Understanding Remote Executor Prometheus Metrics and Monitoring – DataHub Customer Support Portal

Area: Observability Issues

Sub-Area: Metrics and Monitoring

Issue

Remote Executor deployments expose numerous Prometheus metrics beyond the documented ones (ingestion_requests, ingestion_errors, resource metrics). Many of these undocumented metrics appear on the /metrics endpoint with unclear purposes, making it difficult to build comprehensive monitoring and alerting systems for production Remote Executor instances.

You Might Be Asking

What do the undocumented datahub_executor_worker_* metrics represent?
How can I detect if my Remote Executor is alive but application-level processing is stuck?
Why are some metrics always zero in my environment?
Which metrics should I monitor for production alerting?

Solution

Here's a comprehensive breakdown of Remote Executor Prometheus metrics and their meanings:

Assertion-Related Metrics

assertion_requests - Counts assertion jobs received from the queue, analogous to ingestion_requests but for data quality checks
assertion_evaluate_requests_count - Tracks on-demand assertion evaluations (triggered via API/UI for dry runs or manual checks). If this is zero while assertion_requests increments, it means only scheduled assertions are running, which is expected in most production environments

System Health Metrics

credentials_refresh_requests - Increments each time the executor refreshes credentials (database tokens, cloud access tokens). High counts are normal and reflect regular refresh intervals to ensure credentials remain valid
discovery_ping_requests_count - Increments when the executor registers or pings the control plane for discovery, typically at pod startup and during periodic health checks
monitoring_push_requests_count - Counts metrics pushes to the monitoring backend (Prometheus PushGateway). Usually increments at startup and then periodically based on metrics push interval

Configuration and Control Metrics

config_fetcher_requests_count - Tracks requests to fetch configuration from the control plane. If always zero, your deployment likely isn't using dynamic config updates or this feature isn't enabled
ingestion_fetch_signal_requests_count - Tracks requests to fetch cancellation or control signals for ingestion jobs. Zero values indicate no jobs have been cancelled or required signal fetching
ingestion_fallback_fetch_requests_count - Counts fallback fetches for ingestion jobs when primary fetch mechanism fails. Zero values indicate successful primary path fetching

Advanced Feature Metrics

monitor_bootstrap_execute_requests_count - Relates to monitor (assertion) bootstrap tasks. Zero values are normal unless using advanced observability features
monitor_training_executor_requests_count - Tracks monitor training tasks for smart assertions.

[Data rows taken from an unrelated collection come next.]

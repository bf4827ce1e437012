-- ===== src/BufMgr/Flush.antt =====
-- src/buffer.cpp: flushFile, the destructor and the count of printSelf.
use cs564_project.Prelude.{
  ℕ, zero, suc, ◌+◌, List, [], ◌∷◌, false, ◌&&◌, not, ◌==◌, ltb, if◌then◌else◌,
}
use cs564_project.Exceptions.{ok, err, page_pinned, bad_buffer}
use cs564_project.Effects.{bind_result, ◌>>◌, return}
use cs564_project.Files.{Files}
use cs564_project.BufMgr.State.{
  BufDesc, BufMgr, Call, desc, set_desc, clear_stats, write_frame, remove_entry, clear_desc,
}

-- The count that `printSelf` prints last.
unfoldable pub valid_frames : List BufDesc → ℕ
valid_frames [] = 0
valid_frames (d ∷ ds) = (if d.valid then 1 else 0) + valid_frames ds

module _ {files : Files} where
  -- The first loop of `flushFile` at frame `i`.
  unfoldable pub check_frame : ℕ → ℕ → Call files (Unit {0})
  check_frame file i s =
      let d = desc s i in
      if d.file == file
      then (if not d.valid
          then (err (bad_buffer i d.dirty d.valid d.refbit), s)
          else if ltb 0 d.pin_cnt
          then (err (page_pinned file d.page_no i), s)
          else (ok tt, s))
      else (ok tt, s)

  unfoldable pub clean_desc : ℕ → Call files (Unit {0})
  clean_desc i s = (ok tt, set_desc i (record (desc s i) { dirty = false }) s)

  -- The branch of the second loop that writes a dirty frame `i` back.
  unfoldable pub write_back : ℕ → Call files (Unit {0})
  write_back i = do write_frame i; clean_desc i

  -- The body of that branch, whose frame belongs to the file.
  unfoldable pub drop_frame : ℕ → ℕ → BufDesc → Call files (Unit {0})
  drop_frame file i d = do
    if d.dirty then write_back i else return tt
    remove_entry file d.page_no
    clear_desc i

  -- The second loop at frame `i`.
  unfoldable pub flush_frame : ℕ → ℕ → Call files (Unit {0})
  flush_frame file i s =
      let d = desc s i in if d.file == file then drop_frame file i d s else (ok tt, s)

  -- `for (i = from; i < from + count; i++) body(i)`.
  unfoldable pub for_frames : ℕ → ℕ → (ℕ → Call files (Unit {0})) → Call files (Unit {0})
  for_frames from zero body = return tt
  for_frames from (suc count) body = do body from; for_frames (from + 1) count body

  unfoldable pub flush_file : ℕ → Call files (Unit {0})
  flush_file file s =
      bind_result (for_frames 0 s.num_bufs (check_frame file) s)
        λ _ t. for_frames 0 s.num_bufs (flush_frame file) t

  -- The loop of the destructor at frame `i`; the deallocation leaves nothing to observe.
  unfoldable pub destroy_frame : ℕ → Call files (Unit {0})
  destroy_frame i s =
      let d = desc s i in if d.valid && d.dirty then flush_file d.file s else (ok tt, s)

  unfoldable pub destroy : Call files (Unit {0})
  destroy s = for_frames 0 s.num_bufs destroy_frame s

  unfoldable pub clear_buf_stats : BufMgr files → BufMgr files
  unfolding clear_stats
  clear_buf_stats s = record s { buf_stats = clear_stats s.buf_stats }
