-- ===== src/BufMgr/Flushing.antt =====
-- flushFile of src/buffer.cpp.
use cs564_project.Prelude.{
  ℕ, zero, suc, ◌+◌, ◌<◌, ◌≡◌, refl, ◌⊎◌, inl, inr, ◌∙◌, true, false, arith, Bool-cases, set-set,
  ap,
}
use cs564_project.Exceptions.{Exception, ok, err, Result-cases}
use cs564_project.Effects.{bind_result, Outcome, bind-Outcome}
use cs564_project.Files.{Files}
use cs564_project.HashTbl
use cs564_project.HashTbl.{BufHashTbl}
use cs564_project.HashTbl.Laws.{remove-Writes}
use cs564_project.BufMgr.State.{
  BufMgr, Call, desc, page_at, clear, set_desc, clear_desc, remove_entry, write_frame, write_failed,
}
use cs564_project.BufMgr.Flush.{clean_desc, write_back, drop_frame, for_frames}
use cs564_project.BufMgr.Inv.{Inv, desc-set_desc_self, with_table}
use cs564_project.BufMgr.Evict.{Evicted, release-Evicted}

module _ {files : Files} where
  -- The rule of the loops over the frames: `P i` holds before round `i`.
  pub for_frames-Outcome :
      (P : ℕ → BufMgr files → Type 0) (E : Exception → BufMgr files → Type 0)
      (body : ℕ → Call files (Unit {0})) (n : ℕ)
      → ((i : ℕ) (s : BufMgr files) → i < n → P i s → Outcome (λ _. P (i + 1)) E (body i s))
      → (count from : ℕ) (s : BufMgr files) → from + count ≡ n
      → P from s
      → Outcome (λ _. P n) E (for_frames from count body s)
  unfolding for_frames
  for_frames-Outcome P E body n keep zero from s e p =
      let e' : from ≡ n = omega arith in rw (← e') p
  for_frames-Outcome P E body n keep (suc count) from s e p =
      bind-Outcome (λ _. P (from + 1)) (λ _. P n) E (body from s)
        (λ _. for_frames (from + 1) count body) (keep from s (omega arith) p)
        (λ _ t q. for_frames-Outcome P E body n keep count (from + 1) t (omega arith) q)

  write_back_drop :
      (s : BufMgr files) (i : ℕ) (st : files.Store)
      → Inv s
      → i < s.num_bufs
      → files.write_page s.store (desc s i).file (page_at s i) ≡ ok st
      → write_back i s
        ≡ (ok tt, set_desc i (record (desc s i) { dirty = false }) (record s { store = st }))
  unfolding write_back write_frame clean_desc
  write_back_drop s i st v h e = rw (write_frame, e)

  write_back_fails :
      (s : BufMgr files) (i : ℕ) (x : Exception)
      → files.write_page s.store (desc s i).file (page_at s i) ≡ err x
      → write_back i s ≡ (err x, write_failed i s)
  unfolding write_back write_frame
  write_back_fails s i x e = rw (write_frame, e)

  unlink_clear :
      (u : BufMgr files) (f p i : ℕ) (t : BufHashTbl)
      → HashTbl.remove u.hash_table f p ≡ ok t
      → bind_result (remove_entry f p u) (λ _. clear_desc i)
        ≡ (ok tt, set_desc i (clear (desc u i)) (with_table t u.store u))
  unfolding remove_entry clear_desc
  unlink_clear u f p i t e = rw (remove_entry, e)

  -- Clearing a frame that was just marked clean is clearing it.
  clean_clear :
      (s : BufMgr files) (i : ℕ) (t : BufHashTbl) (st : files.Store)
      → Inv s
      → i < s.num_bufs
      → (let u = set_desc i (record (desc s i) { dirty = false }) (record s { store = st }) in
          set_desc i (clear (desc u i)) (with_table t u.store u))
        ≡ set_desc i (clear (desc s i)) (with_table t st s)
  unfolding clear
  clean_clear s i t st v h =
      rw (desc-set_desc_self i (record (desc s i) { dirty = false }) v h, set-set)

  -- The branch of the second loop at a frame of the file.
  pub drop_frame_cases :
      (s : BufMgr files) (i : ℕ)
      → Inv s
      → i < s.num_bufs
      → (desc s i).valid ≡ true
      → ((t : BufMgr files) × (drop_frame (desc s i).file i (desc s i) s ≡ (ok tt, t))
          × Evicted s i t)
        ⊎ ((e : Exception) × (drop_frame (desc s i).file i (desc s i) s ≡ (err e, write_failed i s))
            × ((desc s i).dirty ≡ true)
            × (files.write_page s.store (desc s i).file (page_at s i) ≡ err e))
  unfolding drop_frame
  drop_frame_cases s i v h used =
      let d = desc s i in
      let (t, removes, w) =
        remove-Writes s.hash_table v.table d.file d.page_no i (v.mapped i used) in
      elim (Bool-cases d.dirty) [
        | inr clean ↦ inl (
          _,
          simp clean (unlink_clear s d.file d.page_no i t removes),
          release-Evicted s i t s.store v h used (λ e. cc) (λ e. refl) w,
        )
        | inl dirty ↦ elim (Result-cases (files.write_page s.store d.file (page_at s i))) [
          | inl (st, e) ↦
              let u = set_desc i (record d { dirty = false }) (record s { store = st }) in
              inl (
                _,
                simp (dirty, write_back_drop s i st v h e)
                    (unlink_clear u d.file d.page_no i t removes
                      ∙ ap (λ x. (ok tt, x)) (clean_clear s i t st v h)),
                release-Evicted s i t st v h used (λ _. e) (λ e. cc) w,
              )
          | inr (x, e) ↦ inr (x, simp (dirty, write_back_fails s i x e), dirty, e)
        ]
      ]
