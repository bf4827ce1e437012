-- ===== src/BufMgr/FlushFile.antt =====
-- flushFile of src/buffer.cpp: what the two loops come to.
use cs564_project.Prelude.{
  ℕ, zero, suc, ◌+◌, ◌<◌, ◌≡◌, refl, ◌≢◌, inl, inr, ◌∙◌, true, false, ◌&&◌, ◌==◌, ltb,
  if◌then◌else◌, arith, Bool-cases, ap,
}
use mathlib.Core.Path.{subst}
use native.Mathlib.Numerals.{add-one}
use cs564_project.Exceptions.{Exception, Result, ok, err}
use cs564_project.Effects.{Outcome}
use cs564_project.Files.{Files}
use cs564_project.HashTbl.Laws.{view}
use cs564_project.BufMgr.State.{BufDesc, BufMgr, desc, page_at, clear}
use cs564_project.BufMgr.Flush.{drop_frame, flush_frame}
use cs564_project.BufMgr.Inv.{Inv}
use cs564_project.BufMgr.Evict.{Evicted}
use cs564_project.BufMgr.Flushing.{drop_frame_cases}

module _ {files : Files} where
  -- The specification of the writes: the dirty pages of the file among the first frames, in order.
  write_dirty : BufMgr files → ℕ → ℕ → files.Store → Result files.Store
  write_dirty s f i st =
      if (desc s i).file == f && (desc s i).dirty
      then files.write_page st f (page_at s i)
      else ok st

  abbrev then_write : BufMgr files → ℕ → ℕ → Result files.Store → Result files.Store
  then_write s f i (ok st) = write_dirty s f i st
  then_write s f i (err e) = err e

  pub written : BufMgr files → ℕ → ℕ → Result files.Store
  written s f zero = ok s.store
  written s f (suc i) = then_write s f i (written s f i)

  -- The frames of the file below `i` are cleared and their dirty pages written; all else is as it
  -- was.
  pub record Flushed (s : BufMgr files) (f i : ℕ) (t : BufMgr files) : Type 0 where
    pub inv : Inv t
    pub num_bufs : t.num_bufs ≡ s.num_bufs
    pub pool : t.buf_pool ≡ s.buf_pool
    pub store : written s f i ≡ ok t.store
    pub frames :
        (j : ℕ)
        → desc t j ≡ (if ltb j i && (desc s j).file == f then clear (desc s j) else desc s j)
    pub entries : (g q : ℕ) → g ≢ f → view t.hash_table g q ≡ view s.hash_table g q

  pub record FlushFails (s : BufMgr files) (f : ℕ) (e : Exception) (t : BufMgr files) : Type 0 where
    pub at : ℕ
    pub bound : at < s.num_bufs
    pub last : files.Store
    pub before : Flushed s f at (record t { store = last })
    pub left : t.store ≡ files.unwritten last f (page_at s at)
    pub fails : written s f (suc at) ≡ err e

  pub Flushed-start : (s : BufMgr files) (f : ℕ) → Inv s → Flushed s f 0 s
  unfolding written
  Flushed-start s f v = record {
    inv = v;
    num_bufs = refl;
    pool = refl;
    store = refl;
    frames = λ j. ground arith;
    entries = λ g q _. refl;
  }

  -- A frame of another file.
  Flushed-skip :
      (s t : BufMgr files) (f i : ℕ)
      → Flushed s f i t
      → ((desc s i).file == f) ≡ false
      → Flushed s f (i + 1) t
  unfolding written write_dirty
  Flushed-skip s t f i h other = record {
    inv = h.inv;
    num_bufs = h.num_bufs;
    pool = h.pool;
    store = rw (add-one, h.store, other);
    frames = λ j. ground (arith, h.frames j);
    entries = h.entries;
  }

  here_same : (s t : BufMgr files) (f i : ℕ) → Flushed s f i t → desc t i ≡ desc s i
  here_same s t f i h = ground (arith, h.frames i)

  -- The write of frame `i` in the loop is the write that the specification makes.
  same_write :
      (s t : BufMgr files) (f i : ℕ)
      → Flushed s f i t
      → (desc s i).file ≡ f
      → files.write_page t.store (desc t i).file (page_at t i)
        ≡ files.write_page t.store f (page_at s i)
  same_write s t f i h mine =
      let owner : (desc t i).file ≡ f = ap (λ (d : BufDesc). d.file) (here_same s t f i h) ∙ mine in
      let pools = h.pool in cc

  same_unwritten :
      (s t : BufMgr files) (f i : ℕ)
      → Flushed s f i t
      → (desc s i).file ≡ f
      → files.unwritten t.store (desc t i).file (page_at t i)
        ≡ files.unwritten t.store f (page_at s i)
  same_unwritten s t f i h mine =
      let owner : (desc t i).file ≡ f = ap (λ (d : BufDesc). d.file) (here_same s t f i h) ∙ mine in
      let pools = h.pool in cc

  written-suc :
      (s t : BufMgr files) (f i : ℕ)
      → Flushed s f i t
      → (desc s i).file ≡ f
      → written s f (suc i)
        ≡ (if (desc s i).dirty then files.write_page t.store f (page_at s i) else ok t.store)
  unfolding written write_dirty
  written-suc s t f i h mine = rw h.store (ground arith)

  drop_written :
      (s t u : BufMgr files) (f i : ℕ)
      → Flushed s f i t
      → (desc s i).file ≡ f
      → Evicted t i u
      → written s f (suc i) ≡ ok u.store
  drop_written s t u f i h mine e =
      let bits : (desc t i).dirty ≡ (desc s i).dirty =
        ap (λ (d : BufDesc). d.dirty) (here_same s t f i h) in
      elim (Bool-cases (desc s i).dirty) [
        | inl dirty ↦
            ground (arith, written-suc s t f i h mine, same_write s t f i h mine, e.written)
        | inr clean ↦ ground (arith, written-suc s t f i h mine, e.unwritten)
      ]

  Flushed-drop :
      (s t u : BufMgr files) (f i : ℕ)
      → Flushed s f i t
      → (desc s i).file ≡ f
      → Evicted t i u
      → Flushed s f (i + 1) u
  Flushed-drop s t u f i h mine e =
      let same = here_same s t f i h in
      record {
        inv = e.inv;
        num_bufs = e.num_bufs ∙ h.num_bufs;
        pool = e.pool ∙ h.pool;
        store = rw add-one (drop_written s t u f i h mine e);
        frames = λ j. rw (e.descs j, same) (ground (arith, h.frames j));
        entries = λ g q ne. ground (arith, e.table.reads g q, h.entries g q ne, same);
      }

  pub flush_mine :
      (t : BufMgr files) (f i : ℕ)
      → (desc t i).file ≡ f
      → flush_frame f i t ≡ drop_frame (desc t i).file i (desc t i) t
  unfolding flush_frame
  flush_mine t f i owner =
      subst (λ g. flush_frame g i t ≡ drop_frame (desc t i).file i (desc t i) t) owner
        (ground arith)

  pub flush_other :
      (t : BufMgr files) (f i : ℕ) → ((desc t i).file == f) ≡ false → flush_frame f i t ≡ (ok tt, t)
  unfolding flush_frame
  flush_other t f i other = ground arith

  -- One round of the second loop, for a file that is not NULL.
  pub flush_frame-Flushed :
      (s t : BufMgr files) (f i : ℕ)
      → f ≢ 0
      → i < s.num_bufs
      → Flushed s f i t
      → Outcome (λ _. Flushed s f (i + 1)) (FlushFails s f) (flush_frame f i t)
  flush_frame-Flushed s t f i real h fl =
      let same = here_same s t f i fl in
      elim (Bool-cases ((desc s i).file == f)) [
        | inr other ↦ rw (flush_other t f i (ground (arith, same))) (Flushed-skip s t f i fl other)
        | inl mine ↦
            let mine' : (desc s i).file ≡ f = ground arith in
            let owner : (desc t i).file ≡ f = ground (arith, same) in
            let used : (desc t i).valid ≡ true = ground (arith, fl.inv.idle i) in
            elim (drop_frame_cases t i fl.inv (ground (arith, fl.num_bufs)) used) [
              | inl (u, run, e) ↦
                  rw (flush_mine t f i owner, run) (Flushed-drop s t u f i fl mine' e)
              | inr (x, run, dirty, fails) ↦
                  rw (flush_mine t f i owner, run)
                    (record {
                      at = i;
                      bound = h;
                      last = t.store;
                      before = fl;
                      left = same_unwritten s t f i fl mine';
                      fails =
                          ground (
                            arith,
                            same,
                            written-suc s t f i fl mine',
                            same_write s t f i fl mine',
                          );
                    })
            ]
      ]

Zero values are normal unless using monitor training features

Accessing Metric Descriptions

To get detailed descriptions for all metrics, exec into your Remote Executor pod and access the /metrics endpoint:

kubectl exec -it <remote-executor-pod> -- curl localhost:8080/metrics

Look for the # HELP comments above each metric for official descriptions.

Application Health Monitoring

For detecting "executor alive but application-level processing stuck" scenarios:

Monitor discovery_ping_requests_count - This metric should increment regularly (typically 2,000-3,000 times per day)
A stall in this counter is a reliable indicator that the application is frozen, distinct from pod-level health checks
Set up alerting when this metric hasn't incremented within your expected interval

Additional Notes

Metric values depend heavily on which DataHub features are enabled and how your environment is configured. Zero values for many metrics are normal if corresponding features aren't in use. These metrics are designed for internal observability and troubleshooting. When building monitoring dashboards, focus on the documented core metrics first, then add these supplementary metrics based on your specific use cases.